Lacrosse field set for NCAA tourney
The Virginia lacrosse teams both anticipated playing for a national championship this month. They just never expected it to be like this.
The men's and women's teams learned their NCAA tournament seedings Sunday night, a day after women's player Yeardley Love was buried in her native Maryland. The 22-year-old was found beaten in her apartment earlier in the week and Charlottesville authorities have charged George Huguely of the men's team with first-degree murder.
Both teams decided to play on with the support of Love's family.
The Cavaliers men's team was given the top seed in the 16-team field. Appearing for the 17th time in coach Dom Starsia's 18 seasons, Virginia will host Mount St. Mary's on Saturday night. It will not only be the first game for the team since the program was rocked by the slaying, but also since Starsia's father died Friday after a long illness.
The women's team, making its 15th consecutive trip to the tournament under coach Julie Myers, was given a No. 6 and will play at home against Towson on Sunday.
The off-the-field events have left both squads having to find ways to put aside their grief long enough to focus on competing in the tournament.
"It's hard to put into words what this week has been like. Tragic on so many different levels," Starsia said, noting that he rejoined the team for practice on Sunday. "I was glad to be able to at least consider the lacrosse piece of this again, both on the field this afternoon with the team and talking about lacrosse this evening."
Starsia has guided Virginia to three national championships, the last in 2006, and said he told the players when they met on Monday that there's no roadmap for the journey just ahead.
"We're going to try to take this as a group and as a family and try to take this in small pieces and begin to move forward, and today may have been the first small step," he said.
Starsia said he and Myers talked often this week, and that he was surprised when he asked her Thursday if her team was planning to continue its season.
She gave him a quizzical look, he said, and said, "Well, we're playing."
Few can understand the kind of attention that could follow Virginia's teams through the NCAAs better than Duke coach John Danowski. He took over the Blue Devils' program during the headline-grabbing, divisive rape investigation in 2006 and '07.
The false allegations ignited debates on race, class and athletic privilege at the elite university in Durham, N.C.
The Duke team had months to get accustomed to all the attention before falling by a goal to Johns Hopkins in the national championship game in Baltimore.
"We had eight months to process it and we had eight months to be together," Danowski said. "I can't tell you that there's any similarity. ... They've got to mourn."
Danowski says that's why he has not reached out to UVA men's coach Dom Starsia.
The Duke scandal prompted the university to cancel the second half of the 2006 season and fire longtime coach Mike Pressler. It then followed the Blue Devils the entire next year, forcing Danowski to spend probably as much time counseling wounded players and trying to keep them talking about their feelings as he did preparing each game plan in his first season.

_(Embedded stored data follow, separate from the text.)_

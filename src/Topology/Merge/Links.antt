-- ===== src/Topology/Merge/Links.antt =====
-- The links of a merged graph: each directed pair once, as strong as the strongest report of it,
-- between the ids that the addresses resolve to.
use omm.Prelude.{
  String, ◌≡◌, ◌≢◌, refl, Bool, true, false, Bool-cases, Option-cases, inl, inr, some, List, [],
  ◌∷◌, map, ◌==◌, ◌&&◌, not, is_empty, any_by, All, All-map_of, arith, eq_iff, eq-false_of_ne,
}
use omm.Prelude.Int.{ℤ, leb_ℤ}
use omm.Prelude.Sort.{stable_sort-All}
use omm.Topology.{Node, Link, Graph}
use omm.Topology.Key.{pair_key, IsNulFree}
use omm.Topology.Merge.{
  Table, Addresses, Merged, key_of, put_link, sorted_links, add_graph, add_reports, add_node,
  add_nodes, enrich, demote, empty_merged, union_graphs, merge_graphs, reconcile, rewrite_links,
  canon_link, canon, lookup, declare_all, addr_to_id,
}
use omm.Topology.Merge.Nodes.{resolve, no_addresses}
use omm.Topology.Merge.Table.{
  is_at_least, entry_covers, covers_put, covers_kept, IsKeyed, HasUniqueKeys, put_links-IsKeyed,
  put_link-IsKeyed, put_link-HasUniqueKeys, put_links-HasUniqueKeys, put_links_kept,
  put_links-covers, HasUniquePairs, sorted_links-HasUniquePairs, sorted_links-covers,
}

-- The ids and the sources of the links have no NUL.
abbrev pub IsClean : Graph → Type 0
IsClean g = All (λ n. IsNulFree n.id) g.nodes × All (λ l. IsNulFree l.source) g.links

add_node-clean :
    (local : Bool) (n : Node) (ms : List Node)
    → IsNulFree n.id
    → All (λ m. IsNulFree m.id) ms
    → All (λ m. IsNulFree m.id) (add_node local n ms)
unfolding add_node enrich demote
add_node-clean local n [] h hs = elim (Bool-cases (not local && (n.role == "self"))) [
  | inl e ↦ rw e (h, tt)
  | inr e ↦ rw e (h, tt)
]
add_node-clean local n (m ∷ ms) h hs = elim (Bool-cases (m.id == n.id)) [
  | inl e ↦ rw e hs
  | inr e ↦ rw e (hs.0, add_node-clean local n ms h hs.1)
]

add_nodes-clean :
    (local : Bool) (ns out : List Node)
    → All (λ m. IsNulFree m.id) ns
    → All (λ m. IsNulFree m.id) out
    → All (λ m. IsNulFree m.id) (add_nodes local ns out)
unfolding add_nodes
add_nodes-clean local [] out h hs = hs
add_nodes-clean local (n ∷ ns) out h hs =
    add_nodes-clean local ns (add_node local n out) h.1 (add_node-clean local n out h.0 hs)

-- What the union keeps while it takes in the graphs.
abbrev IsSound : Merged → Type 0
IsSound m = All (λ n. IsNulFree n.id) m.nodes × IsKeyed m.links × HasUniqueKeys m.links

add_graph-IsSound :
    (local : Bool) (g : Graph) (m : Merged) → IsClean g → IsSound m → IsSound (add_graph local g m)
unfolding add_graph
add_graph-IsSound local g m c s = (
  add_nodes-clean local g.nodes m.nodes c.0 s.0,
  put_links-IsKeyed g.links m.links c.1 s.1,
  put_links-HasUniqueKeys g.links m.links s.2,
)

add_reports-IsSound :
    (gs : List Graph) (m : Merged) → All IsClean gs → IsSound m → IsSound (add_reports gs m)
unfolding add_reports
add_reports-IsSound [] m c s = s
add_reports-IsSound (g ∷ gs) m c s =
    add_reports-IsSound gs (add_graph false g m) c.1 (add_graph-IsSound false g m c.0 s)

add_reports_kept :
    (k : String) (q : ℤ) (gs : List Graph) (m : Merged)
    → any_by (entry_covers k q) m.links ≡ true
    → any_by (entry_covers k q) (add_reports gs m).links ≡ true
unfolding add_reports add_graph
add_reports_kept k q [] m h = h
add_reports_kept k q (g ∷ gs) m h =
    add_reports_kept k q gs (add_graph false g m) (put_links_kept k q g.links m.links h)

-- The table covers the link.
abbrev IsCovered : Table → Link → Type 0
IsCovered t l = any_by (entry_covers (key_of l) l.tq) t ≡ true

add_reports-covers :
    (gs : List Graph) (m : Merged) → All (λ g. All (IsCovered (add_reports gs m).links) g.links) gs
unfolding add_reports add_graph
add_reports-covers [] m = tt
add_reports-covers (g ∷ gs) m = (
  All-map_of _ _ g.links (λ l h. add_reports_kept (key_of l) l.tq gs (add_graph false g m) h)
      (put_links-covers g.links m.links),
  add_reports-covers gs (add_graph false g m),
)

-- An address is resolved to an id of a node.
declare_all-clean :
    (id : String) (as' : List String) (addrs : Addresses)
    → IsNulFree id
    → All (λ a. IsNulFree a.1) addrs
    → All (λ a. IsNulFree a.1) (declare_all id as' addrs)
unfolding declare_all
declare_all-clean id [] addrs n h = h
declare_all-clean id (a ∷ as') addrs n h = declare_all-clean id as' ((a, id) ∷ addrs) n (n, h)

addr_to_id-clean :
    (ns : List Node) (addrs : Addresses)
    → All (λ n. IsNulFree n.id) ns
    → All (λ a. IsNulFree a.1) addrs
    → All (λ a. IsNulFree a.1) (addr_to_id ns addrs)
unfolding addr_to_id
addr_to_id-clean [] addrs n h = h
addr_to_id-clean (x ∷ ns) addrs n h =
    addr_to_id-clean ns (declare_all x.id x.addrs addrs) n.1
      (declare_all-clean x.id x.addrs addrs n.0 h)

lookup-clean :
    (addrs : Addresses) (a id : String)
    → All (λ e. IsNulFree e.1) addrs
    → lookup addrs a ≡ some id
    → IsNulFree id
unfolding lookup
lookup-clean [] a id h e = cc
lookup-clean ((b, x) ∷ t) a id h e = elim (Bool-cases (b == a)) [
  | inl y ↦ let same : x ≡ id = ground (arith, e, y) in rw (← same) h.0
  | inr y ↦ lookup-clean t a id h.1 (rw y at e)
]

canon-clean :
    (addrs : Addresses) (a : String)
    → All (λ e. IsNulFree e.1) addrs
    → IsNulFree a
    → IsNulFree (canon addrs a)
unfolding canon
canon-clean addrs a h n = elim (Option-cases (lookup addrs a)) [
  | inl e ↦ let same : canon addrs a ≡ a = rw (e, canon) refl in rw same n
  | inr (id, e) ↦
      let same : canon addrs a ≡ id = rw (e, canon) refl in rw same (lookup-clean addrs a id h e)
]

-- The table of the links between canonical ids.
module _ (addrs : Addresses) (clean : All (λ e. IsNulFree e.1) addrs) where
  rewrite_links-IsKeyed :
      (ls : List Link) (t : Table)
      → All (λ l. IsNulFree l.source) ls
      → IsKeyed t × HasUniqueKeys t
      → IsKeyed (rewrite_links addrs ls t) × HasUniqueKeys (rewrite_links addrs ls t)
  unfolding rewrite_links canon_link
  rewrite_links-IsKeyed [] t n h = h
  rewrite_links-IsKeyed (l ∷ ls) t n h =
      elim (Bool-cases (canon addrs l.source == canon addrs l.target)) [
        | inl e ↦ rw e (rewrite_links-IsKeyed ls t n.1 h)
        | inr e ↦ rw e (
            rewrite_links-IsKeyed ls (put_link (canon_link addrs l) t) n.1 (
              put_link-IsKeyed (canon_link addrs l) t (canon-clean addrs l.source clean n.0) h.0,
              put_link-HasUniqueKeys (canon_link addrs l) t h.1,
            ))
      ]

rewrite_links_kept :
    (addrs : Addresses) (k : String) (q : ℤ) (ls : List Link) (t : Table)
    → any_by (entry_covers k q) t ≡ true
    → any_by (entry_covers k q) (rewrite_links addrs ls t) ≡ true
unfolding rewrite_links canon_link
rewrite_links_kept addrs k q [] t h = h
rewrite_links_kept addrs k q (l ∷ ls) t h =
    elim (Bool-cases (canon addrs l.source == canon addrs l.target)) [
      | inl e ↦ rw e (rewrite_links_kept addrs k q ls t h)
      | inr e ↦ rw e (
          rewrite_links_kept addrs k q ls (put_link (canon_link addrs l) t)
            (covers_kept k q (canon_link addrs l) t h))
    ]

rewrite_links-covers :
    (addrs : Addresses) (s d : String) (q : ℤ) (ls : List Link) (t : Table)
    → canon addrs s ≢ canon addrs d
    → any_by (is_at_least s d q) ls ≡ true
    → any_by (entry_covers (pair_key (canon addrs s) (canon addrs d)) q) (rewrite_links addrs ls t)
      ≡ true
unfolding rewrite_links canon_link any_by
rewrite_links-covers addrs s d q [] t ne h = cc
rewrite_links-covers addrs s d q (l ∷ ls) t ne h = elim (Bool-cases (is_at_least s d q l)) [
  | inl e ↦
      let p : l.source ≡ s = ground (arith, eq_iff l.source s, e) in
      let r : l.target ≡ d = ground (arith, eq_iff l.target d, e) in
      let strong : leb_ℤ q l.tq ≡ true = ground (arith, e) in
      let apart : (canon addrs l.source == canon addrs l.target) ≡ false =
        rw (p, r) (eq-false_of_ne (canon addrs s) (canon addrs d) ne) in
      rw (← p, ← r)
        (rw apart (
          rewrite_links_kept addrs _ q ls (put_link (canon_link addrs l) t)
            (covers_put (canon_link addrs l) q t strong)))
  | inr e ↦
      let rest : any_by (is_at_least s d q) ls ≡ true = ground (arith, h, e) in
      elim (Bool-cases (canon addrs l.source == canon addrs l.target)) [
        | inl y ↦ rw y (rewrite_links-covers addrs s d q ls t ne rest)
        | inr y ↦
            rw y (rewrite_links-covers addrs s d q ls (put_link (canon_link addrs l) t) ne rest)
      ]
]

link_sources :
    (t : Table) → IsKeyed t → All (λ l. IsNulFree l.source) (map (λ (e : String × Link). e.1) t)
link_sources [] h = tt
link_sources (e ∷ t) h = (h.0.1, link_sources t h.1)

-- The union of the graphs.
module _ (local : Graph) (reports : List Graph) (cl : IsClean local)
    (cr : All IsClean reports) where
  abbrev first : Merged
  first = add_graph true local empty_merged

  union-IsSound : IsSound (add_reports reports first)
  union-IsSound =
      add_reports-IsSound reports first cr
        (add_graph-IsSound true local empty_merged cl (tt, tt, tt))

  union-covers :
      (l : Link)
      → IsNulFree l.source
      → IsCovered (add_reports reports first).links l
      → any_by (is_at_least l.source l.target l.tq) (union_graphs local reports).links ≡ true
  unfolding union_graphs
  union-covers l n h =
      sorted_links-covers l.source l.target l.tq (add_reports reports first).links n union-IsSound.1
        h

  union-HasUniquePairs : HasUniquePairs (union_graphs local reports).links
  unfolding union_graphs
  union-HasUniquePairs =
      sorted_links-HasUniquePairs (add_reports reports first).links union-IsSound.1 union-IsSound.2

  union-IsClean : IsClean (union_graphs local reports)
  unfolding union_graphs sorted_links
  union-IsClean = (union-IsSound.0, link_sources _ (stable_sort-All _ _ _ union-IsSound.1))

module _ (g : Graph) (clean : IsClean g) where
  abbrev addrs_of : Addresses
  addrs_of = addr_to_id g.nodes []

  reconcile-covers :
      (s d : String) (q : ℤ)
      → IsNulFree s
      → canon addrs_of s ≢ canon addrs_of d
      → any_by (is_at_least s d q) g.links ≡ true
      → any_by (is_at_least (canon addrs_of s) (canon addrs_of d) q) (reconcile g).links ≡ true
  unfolding reconcile
  reconcile-covers s d q n ne h = elim (Bool-cases (is_empty addrs_of)) [
    | inl e ↦
        let ks : canon addrs_of s ≡ s = (eq_iff _ s).0 (no_addresses addrs_of s e) in
        let kd : canon addrs_of d ≡ d = (eq_iff _ d).0 (no_addresses addrs_of d e) in
        rw (e, ks, kd) h
    | inr e ↦
        let values = addr_to_id-clean g.nodes [] clean.0 tt in
        rw e (
          sorted_links-covers (canon addrs_of s) (canon addrs_of d) q
            (rewrite_links addrs_of g.links []) (canon-clean addrs_of s values n)
            (rewrite_links-IsKeyed addrs_of values g.links [] clean.1 (tt, tt)).0
            (rewrite_links-covers addrs_of s d q g.links [] ne h))
  ]

  reconcile-HasUniquePairs : HasUniquePairs g.links → HasUniquePairs (reconcile g).links
  unfolding reconcile
  reconcile-HasUniquePairs h = elim (Bool-cases (is_empty addrs_of)) [
    | inl e ↦ rw e h
    | inr e ↦
        let values = addr_to_id-clean g.nodes [] clean.0 tt in
        let table = rewrite_links-IsKeyed addrs_of values g.links [] clean.1 (tt, tt) in
        rw e (sorted_links-HasUniquePairs (rewrite_links addrs_of g.links []) table.0 table.1)
  ]

-- The link is in the list between the resolved ids, at least as strong, unless it ends where it starts.
abbrev pub IsMerged : Graph → List Graph → List Link → Link → Type 0
IsMerged local reports links l =
    resolve local reports l.source ≢ resolve local reports l.target
    → any_by (is_at_least (resolve local reports l.source) (resolve local reports l.target) l.tq)
        links
      ≡ true

both {ℓ} :
    {A : Type ℓ} (P Q R : A → Type 0) (xs : List A)
    → ((a : A) → P a → Q a → R a)
    → All P xs
    → All Q xs
    → All R xs
both P Q R [] f p q = tt
both P Q R (x ∷ xs) f p q = (f x p.0 q.0, both P Q R xs f p.1 q.1)

-- If no node id and no link source of the local graph and of the reports holds a NUL, the
-- merged graph has at most one link for each directed pair, and for each link of the local
-- graph and of a report, unless the ids that its ends resolve to are equal, one between those
-- ids that is at least as strong.
pub merge_graphs_links :
    (local : Graph) (reports : List Graph)
    → IsClean local
    → All IsClean reports
    → HasUniquePairs (merge_graphs local reports).links
      × All (IsMerged local reports (merge_graphs local reports).links) local.links
      × All (λ g. All (IsMerged local reports (merge_graphs local reports).links) g.links) reports
unfolding merge_graphs add_graph
merge_graphs_links local reports cl cr =
    let clean = union-IsClean local reports cl cr in
    let into : ((l : Link)
        → IsNulFree l.source
        → IsCovered (add_reports reports (add_graph true local empty_merged)).links l
        → IsMerged local reports (merge_graphs local reports).links l) =
      λ l n h ne.
        reconcile-covers (union_graphs local reports) clean l.source l.target l.tq n ne
          (union-covers local reports cl cr l n h) in
    (
      reconcile-HasUniquePairs (union_graphs local reports) clean
          (union-HasUniquePairs local reports cl cr),
      both _ _ _ local.links into cl.1 (
          All-map_of _ _ local.links
            (λ l h. add_reports_kept (key_of l) l.tq reports (add_graph true local empty_merged) h)
            (put_links-covers local.links [])),
      both _ _ _ reports (λ g c h. both _ _ _ g.links into c.1 h) cr
          (add_reports-covers reports (add_graph true local empty_merged)),
    )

"I know that winning a game or losing a game - and I said this - didn't make you a good person or a bad person," Danowski said. "It just made you part of a team. Winning wasn't going to make everything go away and losing wasn't going to. It was just a game, for two hours in the afternoon."
Playing won't make things right again at Virginia. But at this point, it's all they can do.
"The 70 remaining athletes have gone through so much in this short time ... I have to believe that playing this out would almost be an act of catharsis," said Robert Carpenter, a former player at Duke who founded Inside Lacrosse magazine after graduating in 1996.
That process has begun elsewhere, too.
Both Danowski and Maryland men's coach Dave Cottle said they had met with their players last week to discuss Love's death and Huguely's arrest. As Cottle said, "I don't think this is a lacrosse issue. This is a life issue."
"I've been involved in lacrosse for 30 years and I've never heard anything like this," Cottle said. "It's devastating for all involved - for the families of course, and for the lacrosse community. You don't want this to be the way lacrosse is being perceived.
"Hopefully, most people intelligently will look at it and say it was an individual act by an individual kid and not paint the whole sport with a brush."
Carpenter said the Duke case ultimately galvanized a tight-knit lacrosse community, which has national reach but is concentrated in the Mid-Atlantic and Northeast regions. He hopes the events at Virginia generates a similar show of support within the sport for a pair of reeling programs trying to focus on a game again.
"Life's just been turned upside down for those at arm's length from this incident," Carpenter said, "let alone those closest to it."